Excel 2016: Using PV to determine how much you can afford to borrow

Updated 2014.01.09

# Objective:

Use the **PV** function to determine how much a series of future
payments would be worth to you today. This function can be used to determine how
much money you can afford to borrow. If you know how much you can afford to pay
each month, you can work backwards to determine how much you can afford to
borrow (present value).

# PV arguments:

·
**RATE:** Rate per period, not rate per year.

·
**NPER:** Number of periods, not number of
years.

·
**PMT:** Payment. If you are doing a savings
problem, the amount you are depositing each period. If you are doing a loan
problem, the amount you are paying to re-pay the loan each period. This number
is __always negative__.

·
**FV:** Future value. The amount you will
have at the end of the number of periods if you are doing a savings problem, or
the amount you will owe at the end of the number of periods if you are doing a
loan problem (this is usually, but not always, 0).

·
**TYPE:** Type of payment. 1=payments at the
beginning of the period, 0=at the end of the period.

## Example: How much
can you afford to borrow if you know how much you can afford to make in regular
payments?

Assume that you know you can afford
monthly payments of $1,000 to pay off a loan. The loan is for 30 years, and the
interest rate is 8.00% (annual rate). You make payments every month at the end
of the month.

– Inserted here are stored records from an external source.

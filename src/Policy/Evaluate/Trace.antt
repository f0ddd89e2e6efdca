-- ===== src/Policy/Evaluate/Trace.antt =====
-- The trace that `Evaluate` records.
use dcr.Prelude.{
  ◌≡◌, ◌≢◌, refl, true, false, ◌⊎◌, inl, inr, [], ◌∷◌, ◌++◌, none, some, arith, All, All-append,
}
use dcr.Prelude.Int64.{ℤ}
use dcr.Policy.{
  deny, DestKind, domain, ln_node, dcr_address, other_kind, Attempt, Usage, Policy, Rule, Decision,
  Detail,
}
use dcr.Policy.Evaluate.{
  Trace, Checked, go_on, fail, ◌>>=◌, passed, check_memo, check_destination, check_cap,
  check_velocity, check_budget, check_rules, approval, denial, decide, evaluate,
}

abbrev pub AllPass : Trace → Type 0
AllPass = All (λ r. r.pass ≡ true)

-- The trace so far passed, and stays a record of what passed.
abbrev Passes : Checked → Type 0
Passes (go_on t) = AllPass t
Passes (fail r d t) = AllPass t

passed-AllPass : (r : Rule) (d : Detail) (t : Trace) → AllPass t → AllPass (passed r d t)
passed-AllPass r d t h = All-append _ t _ h (refl, tt)

check_memo-Passes : (p : Policy) (a : Attempt) → Passes (check_memo p a [])
unfolding check_memo
check_memo-Passes p a = ground arith

check_destination-Passes :
    (p : Policy) (k : DestKind) (a : Attempt) (t : Trace)
    → a.dest_kind ≡ k
    → AllPass t
    → Passes (check_destination p a t)
unfolding check_destination
check_destination-Passes p domain a t e h = grind (arith, passed-AllPass)
check_destination-Passes p ln_node a t e h = grind (arith, passed-AllPass)
check_destination-Passes p dcr_address a t e h = grind (arith, passed-AllPass)
check_destination-Passes p (other_kind s) a t e h = ground arith

check_cap-Passes : (p : Policy) (a : Attempt) (t : Trace) → AllPass t → Passes (check_cap p a t)
unfolding check_cap
check_cap-Passes p a t h = grind (arith, passed-AllPass)

check_velocity-Passes :
    (p : Policy) (u : Usage) (t : Trace) → AllPass t → Passes (check_velocity p u t)
unfolding check_velocity
check_velocity-Passes p u t h = grind (arith, passed-AllPass)

check_budget-Passes :
    (r : Rule) (b s x : ℤ) (t : Trace) → AllPass t → Passes (check_budget r b s x t)
unfolding check_budget
check_budget-Passes r b s x t h = grind (arith, passed-AllPass)

bind-Passes :
    (c : Checked) (f : Trace → Checked)
    → Passes c
    → ((t : Trace) → AllPass t → Passes (f t))
    → Passes (c >>= f)
bind-Passes (go_on t) f h k = k t h
bind-Passes (fail r d t) f h k = h

check_rules-Passes : (p : Policy) (a : Attempt) (u : Usage) → Passes (check_rules p a u)
unfolding check_rules
check_rules-Passes p a u =
    bind-Passes _ _
      (bind-Passes _ _
        (bind-Passes _ _
          (bind-Passes _ _
            (bind-Passes _ _ (check_memo-Passes p a)
              (λ t. check_destination-Passes p a.dest_kind a t refl))
            (check_cap-Passes p a))
          (check_velocity-Passes p u))
        (check_budget-Passes _ p.daily_budget_atoms u.day_atoms a.amount_atoms))
      (check_budget-Passes _ p.weekly_budget_atoms u.week_atoms a.amount_atoms)

-- What the trace of a decision shows: every rule passed, or all but the last one, which is the
-- rule of the reason.
abbrev pub Explains : Decision → Type 0
Explains d =
    ((d.outcome ≢ deny) × (d.reason ≡ none) × AllPass d.trace)
    ⊎ ((d.outcome ≡ deny)
        × ((rule : Rule) × (detail : Detail) × (before : Trace) × (d.reason ≡ some (rule, detail))
            × (d.trace ≡ before ++ (record { rule = rule; pass = false; detail = detail } ∷ []))
            × AllPass before))

approval-Explains :
    (p : Policy) (a : Attempt) (u : Usage) (t : Trace) → AllPass t → Explains (approval p a u t)
unfolding approval
approval-Explains p a u t h = inl (ground arith, ground arith, grind (arith, passed-AllPass))

decide-Explains :
    (p : Policy) (a : Attempt) (u : Usage) (c : Checked) → Passes c → Explains (decide p a u c)
unfolding denial
decide-Explains p a u (go_on t) h = approval-Explains p a u t h
decide-Explains p a u (fail r d t) h = inr (refl, (r, d, t, refl, refl, h))

-- The trace explains the decision: on a payment or a question every rule that was evaluated
-- passed and there is no reason; on a denial the last rule failed, the reason is that rule with
-- its detail, and every rule before it passed.
pub evaluate-Explains : (p : Policy) (a : Attempt) (u : Usage) → Explains (evaluate p a u)
unfolding evaluate
evaluate-Explains p a u = decide-Explains p a u _ (check_rules-Passes p a u)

The balance owed at the end of the 30 years will be $0. How much
can you afford to borrow?

#### Solution

The values we can identify are:

·
Payment: $1,000

·
Years: 30

·
Annual Rate: 8.00%

·
Ending Balance: $0

·
"You make payments every month…"
means that Periods Per Year is 12

·
"… at the end of the month"
means that Beginning/End value is 0.

·
30 years at 12 periods per year means that the Total
Periods is 360

·
Rate per Period: 8.00% / 12 = 0.6666667%

The PV arguments are: PV(**rate, nper,
pmt, **fv, type)

So the formula is:

=PV(0.66666667%, 360, -1000, 0, 0)

Note again that the **pmt** argument
is negative.